Я послала письмо и Себастьяне, хотя моя мистическая сестра уже несколько лет не давала о себе знать. Несколько лет! И ни одной весточки. Я была страшно расстроена и одновременно зла, но что мне оставалось делать, кроме как писать и ждать – ждать, чтобы она снова меня спасла?
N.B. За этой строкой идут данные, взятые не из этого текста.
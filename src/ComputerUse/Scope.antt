-- ===== src/ComputerUse/Scope.antt =====
-- computer_use/filesystem.py, `ScopedFileSystem`: its state, the operator's gate and the resolution of
-- a path below the root. Its methods are in ComputerUse/Filesystem.
use plugin_baselithbot.Text.{truthy}
use plugin_baselithbot.Lists.{contains}
use plugin_baselithbot.Common.{
  ℕ, String, Bool, false, not, ◌&&◌, ◌||◌, Option, none, some, [], ◌∷◌, eqb, if◌then◌else◌,
}
use Prim.Native.Char.{code}
use mathlib.Core.Option
use plugin_baselithbot.Strings.{joined}
use plugin_baselithbot.Security.Redaction.{text, Fields, end, field}
use plugin_baselithbot.ComputerUse.Config.{
  ComputerUseConfig, ComputerUseError, no_filesystem_root, null_byte, escapes_root, symlink_escapes,
  refused_by_operator, require_enabled, Operator, status_value, is_approved_status,
}
use plugin_baselithbot.ComputerUse.Audit.{AuditLogger, record_action}
use plugin_baselithbot.ComputerUse.Paths.{FilePath, same_path, is_under, join_path, render, Host}

-- What a method returns or raises; `raised` are the exceptions of the host.
pub data Result {ℓ} (A : Type ℓ) : Type ℓ where
  ok : A → Result A
  refused : ComputerUseError → Result A
  raised : String → Result A

-- "\x00" in path
unfoldable pub has_null : String → Bool
has_null String.[] = false
has_null (String.◌∷◌ c s) = eqb (code c) 0 || has_null s

module _ (H : Host) where
  open H use {State, resolve, exists}

  -- The object, with the state of the host that its methods change.
  pub record ScopedFileSystem : Type 0 where
    pub config : ComputerUseConfig
    pub audit : AuditLogger
    pub approvals : Option Operator
    pub root : Option FilePath
    pub disk : State

  -- `cwd` is the directory of the process.
  unfoldable pub init :
      FilePath → ComputerUseConfig → AuditLogger → Option Operator → State → ScopedFileSystem
  unfolding join_path
  init cwd config audit approvals disk = record {
    config = config;
    audit = audit;
    approvals = approvals;
    root =
        if truthy config.filesystem_root
        then Option.map (λ r. resolve disk (join_path cwd r)) config.filesystem_root
        else none;
    disk = disk;
  }

  -- `_gate`; none where the operation may go on. `params` are followed by other fields in the log.
  unfoldable pub gate :
      ScopedFileSystem → String → (Fields → Fields) → ℕ → ScopedFileSystem × Option ComputerUseError
  unfolding contains record_action joined
  gate f action params now = elim f.approvals [
    | none ↦ (f, none)
    | some operator ↦
        if not (contains "filesystem" f.config.require_approval_for)
        then (f, none)
        else let (status, id) =
            operator "filesystem" action (params end) f.config.approval_timeout_seconds in
          if is_approved_status status
          then (f, none)
          else let value = status_value status in
            let fields = field "status" (text value) (field "approval_id" (text id) (params end)) in
            (
              record f {
                audit = record_action f.audit (joined action (joined "." value)) fields now;
              },
              some (refused_by_operator status id),
            )
  ]

  -- The loop of `_resolve`: a symbolic link at the path or above it, below the root, that leads out.
  unfoldable pub leading_out : State → FilePath → FilePath → Option FilePath
  unfolding same_path is_under
  leading_out s root [] = none
  leading_out s root (n ∷ p) =
      if same_path (n ∷ p) root
      then none
      else if exists s (n ∷ p) && H.is_symlink s (n ∷ p) && not (is_under root (resolve s (n ∷ p)))
      then some (n ∷ p)
      else leading_out s root p

  unfoldable pub resolve_path : ScopedFileSystem → String → Result FilePath
  unfolding has_null join_path is_under leading_out render
  resolve_path f path = elim f.root [
    | none ↦ refused no_filesystem_root
    | some root ↦
        if has_null path
        then refused null_byte
        else let candidate = resolve f.disk (join_path root path) in
          if not (is_under root candidate)
          then refused (escapes_root path)
          else elim (leading_out f.disk root candidate) [
            | none ↦ ok candidate
            | some cursor ↦ refused (symlink_escapes (render cursor))
          ]
  ]

  -- What a method does at the path that a text is resolved to, behind the test of the capability.
  unfoldable pub at_path {ℓ} :
      {A : Type ℓ}
      → ScopedFileSystem
      → String
      → (FilePath → ScopedFileSystem × Result A)
      → ScopedFileSystem × Result A
  unfolding require_enabled resolve_path
  at_path f path action = elim (require_enabled f.config "filesystem") [
    | some error ↦ (f, refused error)
    | none ↦ elim (resolve_path f path) [
      | refused error ↦ (f, refused error)
      | raised name ↦ (f, raised name)
      | ok target ↦ action target
    ]
  ]
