-- ===== src/ComputerUse/Filesystem.antt =====
-- computer_use/filesystem.py, the methods of `ScopedFileSystem`, with `compile_python_source` of
-- computer_use/write_verify.py: reading and writing below a root.
pub mod Kept
pub mod Confined
pub mod Resolution
pub mod Written
pub mod RoundTrip
use plugin_baselithbot.Slices.{pos}
use plugin_baselithbot.Text.{strip}
use plugin_baselithbot.Lists.{length}
use plugin_baselithbot.Common.{
  ℕ, String, Bool, false, not, ◌&&◌, Option, none, some, List, [], ◌∷◌, map, ltb, eqb,
  if◌then◌else◌, true,
}
use Prim.Native.Char.{code}
use mathlib.Core.Option
use plugin_baselithbot.Strings.{joined}
use plugin_baselithbot.Security.Redaction.{number, text, Fields, end, field}
use plugin_baselithbot.ComputerUse.Config.{file_not_found, not_a_directory, exceeds_max_size}
use plugin_baselithbot.ComputerUse.Audit.{record_action}
use plugin_baselithbot.ComputerUse.Paths.{
  FilePath, render, parent, ends_in_py, has_py_suffix, clean, other_failure, syntax_error, Host,
  sorted,
}
pub use plugin_baselithbot.ComputerUse.Scope.{Result, ok, refused, raised, ScopedFileSystem}
unfoldable pub use plugin_baselithbot.ComputerUse.Scope.{
  has_null, init, gate, leading_out, resolve_path, at_path,
}

pub record ReadResult : Type 0 where
  pub path : String
  pub content : String
  pub bytes : ℕ

pub record WriteResult : Type 0 where
  pub path : String
  pub bytes_written : ℕ
  pub verification : Option String

pub record DirEntry : Type 0 where
  pub name : String
  pub is_dir : Bool
  pub size : Option ℕ

-- The universal newlines of `read_text`: "\r\n" and "\r" are read as "\n".
unfoldable pub universal : Bool → String → String
universal after_cr String.[] = ""
universal after_cr (String.◌∷◌ c s) =
    let rest = universal (eqb (code c) 13) s in
    if eqb (code c) 13
    then String.◌∷◌ "\n" rest
    else if after_cr && eqb (code c) 10
    then rest
    else String.◌∷◌ c rest

abbrev pub read_text : String → String
read_text s = universal false s

module _ (H : Host) where
  open H use {State, iterdir, write_bytes, mkdir, encode, decode, byte_count, compile}

  abbrev pub path_fields : FilePath → ℕ → Fields → Fields
  unfolding render
  path_fields target size rest =
      field "path" (text (render target)) (field "bytes" (number (pos size)) rest)

  unfoldable pub read_at :
      ScopedFileSystem H → String → ℕ → FilePath → ScopedFileSystem H × Result ReadResult
  unfolding universal record_action render
  read_at f path now target = elim (H.content f.disk target) [
    | none ↦ (f, refused (file_not_found path))
    | some bytes ↦
        let size = byte_count bytes in
        if ltb f.config.filesystem_max_bytes size
        then (f, refused (exceeds_max_size size))
        else elim (decode bytes) [
          | none ↦ (f, raised "UnicodeDecodeError")
          | some content ↦ (
            record f { audit = record_action f.audit "fs_read" (path_fields target size end) now },
            ok (record { path = render target; content = read_text content; bytes = size }),
          )
        ]
  ]

  unfoldable pub read : ScopedFileSystem H → String → ℕ → ScopedFileSystem H × Result ReadResult
  unfolding at_path read_at
  read f path now = at_path H f path (read_at f path now)

  unfoldable pub compile_python_source : State → FilePath → Option String
  unfolding strip
  compile_python_source s target = elim (compile s target) [
    | clean ↦ none
    | other_failure ↦ none
    | syntax_error message ↦ some (strip message)
  ]

  -- The verification of a file that was written.
  unfoldable pub verify : ScopedFileSystem H → FilePath → ℕ → ScopedFileSystem H × Option String
  unfolding ends_in_py compile_python_source record_action render joined
  verify f target now =
      if has_py_suffix target && f.config.post_write_verify
      then elim (compile_python_source f.disk target) [
        | none ↦ (f, some "ok")
        | some error ↦ (
          record f {
            audit =
                record_action f.audit "fs_write_verify_failed"
                  (field "path" (text (render target)) (field "error" (text error) end)) now;
          },
          some (joined "compile failed: " error),
        )
      ]
      else (f, none)

  -- The parent directories and the bytes, with whether there was no OSError.
  unfoldable pub put_file : State → FilePath → String → State × Bool
  put_file s target content = elim (mkdir s (parent target)) [
    | none ↦ (s, false)
    | some made ↦ elim (write_bytes made target (encode content)) [
      | none ↦ (made, false)
      | some written ↦ (written, true)
    ]
  ]

  -- The end of `write`, for the host that the file was put on and whether there was no OSError.
  unfoldable pub stored :
      ScopedFileSystem H
      → String
      → ℕ
      → FilePath
      → State
      → Bool
      → ScopedFileSystem H × Result WriteResult
  unfolding record_action verify render
  stored f content now target disk false = (record f { disk = disk }, raised "OSError")
  stored f content now target disk true =
      let size = byte_count (encode content) in
      let written = record f {
        disk = disk;
        audit = record_action f.audit "fs_write" (path_fields target size end) now;
      } in
      let (verified, verification) = verify written target now in
      (
        verified,
        ok (record { path = render target; bytes_written = size; verification = verification }),
      )

  -- `write`, behind the gate
  unfoldable pub store :
      ScopedFileSystem H → String → ℕ → FilePath → ScopedFileSystem H × Result WriteResult
  unfolding put_file stored
  store f content now target =
      let (disk, done) = put_file f.disk target content in stored f content now target disk done

  unfoldable pub write_at :
      ScopedFileSystem H → String → ℕ → FilePath → ScopedFileSystem H × Result WriteResult
  unfolding gate store
  write_at f content now target =
      let size = byte_count (encode content) in
      if ltb f.config.filesystem_max_bytes size
      then (f, refused (exceeds_max_size size))
      else let (g, stopped) = gate H f "fs_write" (path_fields target size) now in
        elim stopped [ some error ↦ (g, refused error) | none ↦ store g content now target ]

  unfoldable pub write :
      ScopedFileSystem H → String → String → ℕ → ScopedFileSystem H × Result WriteResult
  unfolding at_path write_at
  write f path content now = at_path H f path (write_at f content now)

  abbrev pub entry_at : State → FilePath → String → DirEntry
  entry_at s target name = record {
    name = name;
    is_dir = H.is_dir s (name ∷ target);
    size = Option.map byte_count (H.content s (name ∷ target));
  }

  unfoldable pub list_at :
      ScopedFileSystem H
      → String
      → ℕ
      → FilePath
      → ScopedFileSystem H × Result (String × List DirEntry)
  unfolding sorted record_action render
  list_at f path now target =
      if not (H.is_dir f.disk target)
      then (f, refused (not_a_directory path))
      else let entries = map (entry_at f.disk target) (sorted (iterdir f.disk target)) in
        (
          record f {
            audit =
                record_action f.audit "fs_list"
                  (field "path" (text (render target))
                    (field "entries" (number (pos (length entries))) end))
                  now;
          },
          ok (render target, entries),
        )

  unfoldable pub list_dir :
      ScopedFileSystem H → String → ℕ → ScopedFileSystem H × Result (String × List DirEntry)
  unfolding at_path list_at
  list_dir f path now = at_path H f path (list_at f path now)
Отклик из Виргинии оказался бесполезен. Розали, la pauvre, думая, что их с Мамой Венерой советы потребны мне для литературного труда, предлагала всевозможные выдержки из самых причудливых книжных коллекций в подвале Ван Эйна. (Цитируя не кого иного, как сестру Теотокки, Розали внушала, что раскаявшейся героине в самый раз засветить черные свечи и прочесть задом наперед Сафо; и я это проделала. Лишний расход времени и воска.) Да, Розали видела в обеих книгах (Себастьяны и моей) художественное сочинение (а Макензи запрещали ей читать романы) и была от этого в восторге. Похоже, серьезность фраз, убедительность истин, которые она встречала в нашей с Пророчицей переписке (по необходимости проходившей через ее руки, как камни сквозь водопад), миновали ее сознание. Хуже того, по словам Розали, Мама Венера «не увидела, что можно сделать».